▶ EXERCISE DETAILS:
Return each line below holding the string "Signaling".

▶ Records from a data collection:
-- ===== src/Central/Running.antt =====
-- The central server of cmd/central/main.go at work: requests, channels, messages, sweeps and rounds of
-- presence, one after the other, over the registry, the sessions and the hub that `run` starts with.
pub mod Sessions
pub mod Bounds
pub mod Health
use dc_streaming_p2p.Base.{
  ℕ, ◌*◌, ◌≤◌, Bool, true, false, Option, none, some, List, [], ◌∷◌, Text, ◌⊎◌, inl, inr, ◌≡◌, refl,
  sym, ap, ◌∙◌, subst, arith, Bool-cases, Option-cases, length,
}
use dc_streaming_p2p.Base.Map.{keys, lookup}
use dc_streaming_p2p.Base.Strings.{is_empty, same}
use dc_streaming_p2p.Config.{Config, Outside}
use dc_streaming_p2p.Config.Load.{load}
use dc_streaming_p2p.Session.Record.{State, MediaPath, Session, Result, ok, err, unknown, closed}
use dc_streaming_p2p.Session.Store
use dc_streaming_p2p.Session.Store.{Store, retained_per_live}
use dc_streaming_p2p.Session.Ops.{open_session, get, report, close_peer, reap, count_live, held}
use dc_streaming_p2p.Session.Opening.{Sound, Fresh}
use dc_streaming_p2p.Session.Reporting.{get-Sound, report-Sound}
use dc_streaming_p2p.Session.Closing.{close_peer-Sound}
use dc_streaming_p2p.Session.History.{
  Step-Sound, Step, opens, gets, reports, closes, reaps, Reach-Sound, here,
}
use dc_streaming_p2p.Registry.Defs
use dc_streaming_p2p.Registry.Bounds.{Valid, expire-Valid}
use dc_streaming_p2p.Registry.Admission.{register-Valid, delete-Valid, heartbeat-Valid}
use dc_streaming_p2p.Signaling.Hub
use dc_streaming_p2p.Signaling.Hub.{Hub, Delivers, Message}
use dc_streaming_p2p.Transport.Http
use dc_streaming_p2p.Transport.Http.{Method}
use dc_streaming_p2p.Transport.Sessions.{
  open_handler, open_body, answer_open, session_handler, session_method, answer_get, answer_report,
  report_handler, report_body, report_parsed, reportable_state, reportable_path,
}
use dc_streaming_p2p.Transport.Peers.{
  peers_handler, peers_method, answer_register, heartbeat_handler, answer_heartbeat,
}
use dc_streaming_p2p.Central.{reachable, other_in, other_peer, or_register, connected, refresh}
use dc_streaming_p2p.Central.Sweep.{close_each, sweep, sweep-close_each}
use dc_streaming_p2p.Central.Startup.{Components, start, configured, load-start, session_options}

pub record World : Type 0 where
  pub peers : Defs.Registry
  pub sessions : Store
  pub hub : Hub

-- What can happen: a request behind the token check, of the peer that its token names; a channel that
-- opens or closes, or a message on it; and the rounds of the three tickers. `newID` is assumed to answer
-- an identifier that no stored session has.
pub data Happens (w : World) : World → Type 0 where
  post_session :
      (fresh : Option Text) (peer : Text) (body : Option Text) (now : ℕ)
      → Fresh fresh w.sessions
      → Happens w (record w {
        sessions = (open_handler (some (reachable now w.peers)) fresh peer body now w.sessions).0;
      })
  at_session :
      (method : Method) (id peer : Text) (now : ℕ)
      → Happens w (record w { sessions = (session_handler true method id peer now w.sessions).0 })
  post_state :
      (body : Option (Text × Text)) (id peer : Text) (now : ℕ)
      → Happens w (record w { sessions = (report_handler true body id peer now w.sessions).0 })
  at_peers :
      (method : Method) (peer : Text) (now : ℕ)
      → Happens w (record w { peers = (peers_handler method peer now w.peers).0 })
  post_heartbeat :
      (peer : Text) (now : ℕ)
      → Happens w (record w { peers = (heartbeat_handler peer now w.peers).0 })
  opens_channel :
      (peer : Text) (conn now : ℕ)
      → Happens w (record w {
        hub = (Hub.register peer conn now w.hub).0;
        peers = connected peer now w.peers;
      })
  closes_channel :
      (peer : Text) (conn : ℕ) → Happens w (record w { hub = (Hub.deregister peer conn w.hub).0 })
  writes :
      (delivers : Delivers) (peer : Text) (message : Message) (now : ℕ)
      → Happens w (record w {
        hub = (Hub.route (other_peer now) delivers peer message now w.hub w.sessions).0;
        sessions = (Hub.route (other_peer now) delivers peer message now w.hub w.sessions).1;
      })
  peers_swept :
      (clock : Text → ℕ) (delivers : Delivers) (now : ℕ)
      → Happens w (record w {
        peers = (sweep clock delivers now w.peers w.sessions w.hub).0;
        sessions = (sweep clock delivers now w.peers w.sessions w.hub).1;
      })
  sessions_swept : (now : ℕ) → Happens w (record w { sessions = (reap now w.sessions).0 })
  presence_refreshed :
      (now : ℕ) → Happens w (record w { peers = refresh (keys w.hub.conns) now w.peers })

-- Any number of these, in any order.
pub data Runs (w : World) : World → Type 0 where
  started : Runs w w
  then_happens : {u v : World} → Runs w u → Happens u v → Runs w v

▶ ANSWER BOX:
use dc_streaming_p2p.Signaling.Hub
use dc_streaming_p2p.Signaling.Hub.{Hub, Delivers, Message}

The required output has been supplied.